Fundamental Design Questions

Before implementing caching, consider:

  1. Service health — what happens when Redis is unavailable?
  2. TTL strategy — what do you cache, and for how long?
  3. Race conditions — what if two requests try to update the same cache key simultaneously?
  4. Stale data — how do you detect and resolve it?

Health Check: 3-Tier Auto-Recovery

Your API should never depend on Redis being available 100% of the time. When Redis goes down, the API should continue functioning — just without cache (hitting upstream sources directly).

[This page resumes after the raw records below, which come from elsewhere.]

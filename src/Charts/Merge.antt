-- ===== src/Charts/Merge.antt =====
-- What each line and the band of the forecast chart draw from the merged rows.
use pecunia.Prelude.{◌≡◌, refl, sym, ap₂, ◌∙◌, List, [], ◌∷◌, ◌++◌, map, append-nil}
use pecunia.Prelude.Int.{◌-ℤ◌}
use pecunia.Charts.{
  ChartPoint, ForecastChartPoint, MergedForecastPoint, history_row, projected_row, bridge_last,
  merge_forecast_series,
}
use pecunia.Charts.Lines.{
  line, line-append, of_projected, line-projected, line-missing, line-history, line-bridge_history,
  bridge_point, line-bridge_projected, line-bridge_missing, row_dates, row_dates-append,
  row_dates-history, row_dates-projected, row_dates-bridge,
}

-- What the chart draws of a history and a projection.
pub record DrawsForecast (history : List ChartPoint) (projected : List ForecastChartPoint)
    (bridge : List ChartPoint) (rows : List MergedForecastPoint) : Type 0 where
  pub one_row_per_point : row_dates rows ≡ map (λ p. p.date) history ++ map (λ p. p.date) projected
  pub solid : line (λ r. r.history_value) rows ≡ history
  pub dashed :
      line (λ r. r.projected_value) rows
      ≡ bridge ++ map (of_projected (λ p. p.value_minor)) projected
  pub band_bottom : line (λ r. r.lower) rows ≡ map (of_projected (λ p. p.lower_minor)) projected
  pub band_width :
      line (λ r. r.band_width) rows
      ≡ map (of_projected (λ p. p.upper_minor -ℤ p.lower_minor)) projected

projected-Draws :
    (projected : List ForecastChartPoint)
    → DrawsForecast [] projected [] (map projected_row projected)
projected-Draws projected = record {
  one_row_per_point = row_dates-projected projected;
  solid = line-missing (λ r. r.history_value) projected_row (λ p. refl) projected;
  dashed = line-projected (λ r. r.projected_value) (λ p. p.value_minor) (λ p. refl) projected;
  band_bottom = line-projected (λ r. r.lower) (λ p. p.lower_minor) (λ p. refl) projected;
  band_width =
      line-projected (λ r. r.band_width) (λ p. p.upper_minor -ℤ p.lower_minor) (λ p. refl)
        projected;
}

-- Rows that draw the history and a bridge, before the projected rows.
append-Draws :
    (history : List ChartPoint) (bridge : List ChartPoint) (rows : List MergedForecastPoint)
    (projected : List ForecastChartPoint)
    → DrawsForecast history [] bridge rows
    → DrawsForecast history projected bridge (rows ++ map projected_row projected)
append-Draws history bridge rows projected d =
    let e = projected-Draws projected in
    record {
      one_row_per_point =
          row_dates-append rows (map projected_row projected)
          ∙ ap₂ (λ x y. x ++ y) (d.one_row_per_point ∙ append-nil _) e.one_row_per_point;
      solid =
          line-append (λ r. r.history_value) rows (map projected_row projected)
          ∙ ap₂ (λ x y. x ++ y) d.solid e.solid
          ∙ append-nil history;
      dashed =
          line-append (λ r. r.projected_value) rows (map projected_row projected)
          ∙ ap₂ (λ x y. x ++ y) (d.dashed ∙ append-nil bridge) e.dashed;
      band_bottom =
          line-append (λ r. r.lower) rows (map projected_row projected)
          ∙ ap₂ (λ x y. x ++ y) d.band_bottom e.band_bottom;
      band_width =
          line-append (λ r. r.band_width) rows (map projected_row projected)
          ∙ ap₂ (λ x y. x ++ y) d.band_width e.band_width;
    }

history-Draws : (history : List ChartPoint) → DrawsForecast history [] [] (map history_row history)
history-Draws history = record {
  one_row_per_point = row_dates-history history ∙ sym (append-nil _);
  solid = line-history history;
  dashed = line-missing (λ r. r.projected_value) history_row (λ p. refl) history;
  band_bottom = line-missing (λ r. r.lower) history_row (λ p. refl) history;
  band_width = line-missing (λ r. r.band_width) history_row (λ p. refl) history;
}

bridge-Draws :
    (p : ChartPoint) (history : List ChartPoint)
    → DrawsForecast
        (p ∷ history)
        []
        (bridge_point (p ∷ history))
        (bridge_last (map history_row (p ∷ history)))
bridge-Draws p history = record {
  one_row_per_point = row_dates-bridge p history ∙ sym (append-nil _);
  solid = line-bridge_history p history;
  dashed = line-bridge_projected p history ∙ sym (append-nil _);
  band_bottom = line-bridge_missing (λ r. r.lower) (λ q. refl) (λ q. refl) p history;
  band_width = line-bridge_missing (λ r. r.band_width) (λ q. refl) (λ q. refl) p history;
}

-- The bridge that a chart of both series has.
abbrev pub bridge_of : List ChartPoint → List ForecastChartPoint → List ChartPoint
bridge_of history [] = []
bridge_of history (q ∷ projected) = bridge_point history

-- The merged rows have one row per point, the history's points first; the solid line goes through
-- exactly the history, the dashed line through the last point of the history (only where there is
-- a history and a projection) and then exactly the projection, and the band's bottom and width are
-- the projection's lower bound and its upper less its lower bound, at the projected dates only.
pub merge_forecast_series-DrawsForecast :
    (history : List ChartPoint) (projected : List ForecastChartPoint)
    → DrawsForecast history projected
        (bridge_of history projected)
        (merge_forecast_series history projected)
unfolding merge_forecast_series
merge_forecast_series-DrawsForecast [] [] = projected-Draws []
merge_forecast_series-DrawsForecast [] (q ∷ projected) = projected-Draws (q ∷ projected)
merge_forecast_series-DrawsForecast (p ∷ history) [] =
    append-Draws (p ∷ history) [] (map history_row (p ∷ history)) [] (history-Draws (p ∷ history))
merge_forecast_series-DrawsForecast (p ∷ history) (q ∷ projected) =
    append-Draws (p ∷ history) (bridge_point (p ∷ history))
      (bridge_last (map history_row (p ∷ history))) (q ∷ projected) (bridge-Draws p history)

We implemented a tiered recovery strategy based on how long Redis has been unavailable:

Tier Downtime Action Rationale
1 < 30 seconds Do nothing Likely a brief blip — Sentinel failover or momentary network issue
2 > 5 minutes Flush volatile caches (e.g., user sessions, permissions) Redis recovers from an RDB snapshot that could be hours old. Security-sensitive data like group memberships may have changed.
3 > 30 minutes Flush everything Don't trust any data in the snapshot after prolonged downtime

Additionally, expose admin endpoints for manual cache invalidation when automated strategies aren't sufficient.

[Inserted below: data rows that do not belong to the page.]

-- ===== src/Charts/Sentences.antt =====
-- What the sentence of a category breakdown says of a ranked response.
use mathlib.Core.Path.{subst}
use pecunia.Prelude.{
  length, filter-In, ◌≡◌, refl, sym, ap, ◌∙◌, inl, inr, true, false, List, [], ◌∷◌, arith, filter,
  In, In-filter, All, if◌then◌else◌, Bool-cases,
}
use pecunia.Prelude.Int.{pos, ◌<ℤ◌, ◌≤ℤ◌}
use pecunia.Charts.{
  DonutDatum, is_positive, Intl, describe_breakdown, String, Option, Text, ranking, codes, add_up,
}

-- Ranked by value, the largest first.
abbrev pub IsRanked : List DonutDatum → Type 0
IsRanked [] = Unit
IsRanked (d ∷ ds) = All (λ e. e.item.value_minor ≤ℤ d.item.value_minor) ds × IsRanked ds

abbrev pub positive_slices : List DonutDatum → List DonutDatum
positive_slices ds = filter (λ d. is_positive d.item.value_minor) ds

All-In {κ} : {A : Type 0} (P : A → Type κ) (xs : List A) → All P xs → (a : A) → In a xs → P a
All-In P [] h a m = absurd m
All-In P (x ∷ xs) h a (inl e) = subst P (sym e) h.0
All-In P (x ∷ xs) h a (inr m) = All-In P xs h.1 a m

-- The first positive slice of a ranked list is a greatest one of the whole list.
first_positive-ge :
    (ds : List DonutDatum) (d : DonutDatum) (rest : List DonutDatum)
    → IsRanked ds
    → positive_slices ds ≡ d ∷ rest
    → (e : DonutDatum) → In e ds
    → e.item.value_minor ≤ℤ d.item.value_minor
first_positive-ge [] d rest h q e m = absurd m
first_positive-ge (c ∷ ds) d rest h q e m = elim (Bool-cases (is_positive c.item.value_minor)) [
  | inl p ↦
      keep
        (head_eq (ap (λ b. if b then c ∷ positive_slices ds else positive_slices ds) (sym p) ∙ q)) m
  | inr p ↦
      let q' = ap (λ b. if b then c ∷ positive_slices ds else positive_slices ds) (sym p) ∙ q in
      skip p (positive_first q') (λ n. first_positive-ge ds d rest h.1 q' e n) m
]
  where
    head_eq : ◌≡◌ {A = List DonutDatum} (c ∷ positive_slices ds) (d ∷ rest) → c ≡ d
    head_eq r = cc

    keep : c ≡ d → In e (c ∷ ds) → e.item.value_minor ≤ℤ d.item.value_minor
    keep r n = subst (λ z. e.item.value_minor ≤ℤ z.item.value_minor) r (below n)
      where
        below : In e (c ∷ ds) → e.item.value_minor ≤ℤ c.item.value_minor
        below (inl t) = subst (λ z. z.item.value_minor ≤ℤ c.item.value_minor) (sym t) (omega arith)
        below (inr n') = All-In (λ z. z.item.value_minor ≤ℤ c.item.value_minor) ds h.0 e n'

    positive_first : positive_slices ds ≡ d ∷ rest → is_positive d.item.value_minor ≡ true
    positive_first r =
        (In-filter (λ z. is_positive z.item.value_minor) d ds (subst (In d) (sym r) (inl refl))).1

    skip :
        is_positive c.item.value_minor ≡ false
        → is_positive d.item.value_minor ≡ true
        → (In e ds → e.item.value_minor ≤ℤ d.item.value_minor)
        → In e (c ∷ ds)
        → e.item.value_minor ≤ℤ d.item.value_minor
    skip p k f (inl t) =
        subst (λ z. z.item.value_minor ≤ℤ d.item.value_minor) (sym t) (ground arith)
    skip p k f (inr n) = f n

-- What the sentence can say of the slices: that there is nothing, or the total and the number of
-- the positive slices with a largest slice.
pub data Describes (intl : Intl) (slices : List DonutDatum) (currency : String)
    (locale : Option String) : Text → Type 0 where
  nothing :
      ((e : DonutDatum) → In e slices → e.item.value_minor ≤ℤ pos 0)
      → Describes intl slices currency locale (codes "Spending by category: No data available.")
  largest :
      (d : DonutDatum)
      → In d slices
      → pos 0 <ℤ d.item.value_minor
      → ((e : DonutDatum) → In e slices → e.item.value_minor ≤ℤ d.item.value_minor)
      → Describes intl slices currency locale (
          ranking intl currency locale
            (codes "Spending by category")
            (add_up (λ e. e.item.value_minor) (pos 0) (positive_slices slices))
            (length (positive_slices slices))
            (codes " categories")
            d.item)

none_positive :
    (slices : List DonutDatum)
    → positive_slices slices ≡ []
    → (e : DonutDatum) → In e slices
    → e.item.value_minor ≤ℤ pos 0
none_positive slices q e m = elim (Bool-cases (is_positive e.item.value_minor)) [
  | inl p ↦ absurd (subst (In e) q (filter-In (λ z. is_positive z.item.value_minor) e slices m p))
  | inr p ↦ ground arith
]

-- For slices ranked from the largest to the smallest, the sentence says that there is no data just
-- where no slice is positive, and otherwise it gives the sum and the number of the positive slices
-- and names a positive slice that no slice exceeds.
pub describe_breakdown-Describes :
    (intl : Intl) (slices : List DonutDatum) (currency : String) (locale : Option String)
    → IsRanked slices
    → Describes intl slices currency locale (describe_breakdown intl slices currency locale)
unfolding describe_breakdown
describe_breakdown-Describes intl slices currency locale h = split (positive_slices slices) refl
  where
    split :
        (l : List DonutDatum)
        → positive_slices slices ≡ l
        → Describes intl slices currency locale (describe_breakdown intl slices currency locale)
    split [] q = rw (q, describe_breakdown) (nothing (none_positive slices q))
    split (d ∷ rest) q =
        let (m, p) =
          In-filter (λ z. is_positive z.item.value_minor) d slices
            (subst (In d) (sym q) (inl refl)) in
        rw (q, describe_breakdown)
          (subst
            (λ l. Describes intl slices currency locale (
              ranking intl currency locale (codes "Spending by category")
                (add_up (λ e. e.item.value_minor) (pos 0) l) (length l) (codes " categories")
                d.item))
            q (largest d m (ground arith) (first_positive-ge slices d rest h q)))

Multi-Layer Caching Example

Consider an API endpoint that returns filtered resources based on user permissions. This involves three data sources with different volatility:

graph LR
    A["1. Fetch all resources<br/><b>cache: resources:all</b><br/>TTL: 12 hours"] --> C["3. Filter by permissions<br/><b>cache: resources:{user}</b><br/>TTL: 15 min"]
    B["2. Fetch user groups<br/><b>cache: user:groups:{user}</b><br/>TTL: 15 min"] --> C
  • All resources (TTL: 12 hours) — resource metadata changes infrequently
  • User groups (TTL: 15 minutes) — group memberships change more often and have security implications
  • Filtered results (TTL: 15 minutes) — derived from the above two, so it's only as fresh as its inputs

Why Invalidation Is Hard

These three cache layers depend on each other. A single change can ripple through multiple layers:

Event Keys to Invalidate
Resource created/updated/deleted resources:all + resources:{user} for affected users
User added/removed from a group user:groups:{user} + resources:{user}

A single admin action (e.g., removing a user from a group) requires invalidating multiple cache keys across different layers. Miss one, and you serve stale data. Over-invalidate, and you lose the performance benefit of caching.

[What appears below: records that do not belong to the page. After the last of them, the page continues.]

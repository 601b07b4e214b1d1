-- ===== src/Charts/Trend.antt =====
-- The direction of a series and of the same series backwards.
use pecunia.Prelude.{
  suc, ◌≡◌, refl, sym, ap, ap₂, ◌∙◌, ◌↔◌, Option, none, some, List, [], ◌∷◌, ◌++◌, reverse, arith,
  length, last?, ltb, if◌then◌else◌,
}
use pecunia.Prelude.Int.{◌<ℤ◌}
use mathlib.Core.List.{reverse-append}
use pecunia.Charts.{ChartPoint, TrendDirection, up, down, flat, direction_of, trend_direction}

last-snoc {ℓ} : {A : Type ℓ} (xs : List A) (a : A) → last? (xs ++ (a ∷ [])) ≡ some a
last-snoc [] a = refl
last-snoc (x ∷ []) a = refl
last-snoc (x ∷ y ∷ xs) a = last-snoc (y ∷ xs) a

abbrev pub first? {ℓ} : {A : Type ℓ} → List A → Option A
first? [] = none
first? (x ∷ xs) = some x

abbrev pub opposite : TrendDirection → TrendDirection
opposite up = down
opposite down = up
opposite flat = flat

-- The direction between the ends, where there are any.
abbrev pub between : Option ChartPoint → Option ChartPoint → TrendDirection
between none last = flat
between (some first) none = flat
between (some first) (some last) = direction_of first.value_minor last.value_minor

-- The direction is decided by the two ends.
trend_direction_ends :
    (points : List ChartPoint) → trend_direction points ≡ between (first? points) (last? points)
unfolding trend_direction
trend_direction_ends [] = refl
trend_direction_ends (p ∷ []) = ground arith
trend_direction_ends (p ∷ q ∷ points) = choose (last? (q ∷ points))
  where
    choose :
        (o : Option ChartPoint)
        → (if ltb (suc (suc (length points))) 2
            then flat
            else elim o [ none ↦ flat | some last ↦ direction_of p.value_minor last.value_minor ])
          ≡ between (some p) o
    choose none = ground arith
    choose (some r) = ground arith

first-append {ℓ} :
    {A : Type ℓ} (xs ys : List A) (a : A) → first? xs ≡ some a → first? (xs ++ ys) ≡ some a
first-append [] ys a e = absurd (none_some e)
  where
    none_some : none ≡ some a → ⊥
    none_some q = cc
first-append (x ∷ xs) ys a e = e

last_of {ℓ} : {A : Type ℓ} (x : A) (xs : List A) → (a : A) × (last? (x ∷ xs) ≡ some a)
last_of x [] = (x, refl)
last_of x (y ∷ xs) = last_of y xs

first-reverse {ℓ} : {A : Type ℓ} (x : A) (xs : List A) → first? (reverse (x ∷ xs)) ≡ last? (x ∷ xs)
first-reverse x [] = refl
first-reverse x (y ∷ xs) =
    let (a, e) = last_of y xs in
    ap first? (reverse-append (x ∷ []) (y ∷ xs))
    ∙ first-append (reverse (y ∷ xs)) (x ∷ []) a (first-reverse y xs ∙ e)
    ∙ sym e

last-reverse {ℓ} : {A : Type ℓ} (x : A) (xs : List A) → last? (reverse (x ∷ xs)) ≡ some x
last-reverse x xs = ap last? (reverse-append (x ∷ []) xs) ∙ last-snoc (reverse xs) x

between-flip :
    (p : ChartPoint) (o : Option ChartPoint) → between o (some p) ≡ opposite (between (some p) o)
between-flip p none = refl
between-flip p (some q) = ground arith

-- A series that is read backwards trends the opposite way, and a flat one stays flat.
pub trend_direction-reverse :
    (points : List ChartPoint)
    → trend_direction (reverse points) ≡ opposite (trend_direction points)
unfolding trend_direction
trend_direction-reverse [] = refl
trend_direction-reverse (p ∷ points) =
    trend_direction_ends (reverse (p ∷ points))
    ∙ ap₂ between (first-reverse p points) (last-reverse p points)
    ∙ between-flip p (last? (p ∷ points))
    ∙ ap opposite (sym (trend_direction_ends (p ∷ points)))

-- A series with at least two points trends up just when its last value is greater than its first,
-- and down just when it is smaller.
pub trend_direction_iff :
    (first last : ChartPoint) (middle : List ChartPoint)
    → ((trend_direction (first ∷ (middle ++ (last ∷ []))) ≡ up)
        ↔ (first.value_minor <ℤ last.value_minor))
      × ((trend_direction (first ∷ (middle ++ (last ∷ []))) ≡ down)
          ↔ (last.value_minor <ℤ first.value_minor))
trend_direction_iff first last middle =
    let e : trend_direction (first ∷ (middle ++ (last ∷ [])))
        ≡ direction_of first.value_minor last.value_minor =
      trend_direction_ends (first ∷ (middle ++ (last ∷ [])))
      ∙ ap (between (some first)) (last-snoc (first ∷ middle) last) in
    rw e ((λ h. ground arith, λ h. ground arith), (λ h. ground arith, λ h. ground arith))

Decorator-Based Invalidation

To manage this complexity, build cache invalidation as composable, reusable decorators (or middleware). Each decorator handles one invalidation concern:

@invalidate_user_resources(user_id)
@invalidate_user_groups(user_id)
def remove_user_from_group(user_id: str, group_id: str):
    # ... business logic ...

This pattern lets you:

  • Stack invalidation logic declaratively on any function that mutates state
  • Reuse invalidation rules across different endpoints
  • Reason about cache correctness by reading the decorator chain

When a new endpoint needs the same invalidation behavior, you just add the relevant decorators — no duplicated logic.


Key Takeaways

  1. Sentinel discovery abstracts failover — applications never hardcode Redis addresses. They ask Sentinel, and Sentinel always knows the current master.
  2. Quorum prevents false positives — consensus-based failure detection avoids unnecessary failovers from transient network issues.
  3. Match persistence to your use case — AOF for durability, RDB for caching workloads. Don't pay the I/O cost if you don't need per-write guarantees.
  4. Design for Redis being unavailable — your application should degrade gracefully, not crash.
  5. Cache invalidation requires tracing dependencies — map out every mutation and its downstream cache impact before writing code.
  6. Make invalidation composable — decorator/middleware patterns keep invalidation logic maintainable as your caching surface grows.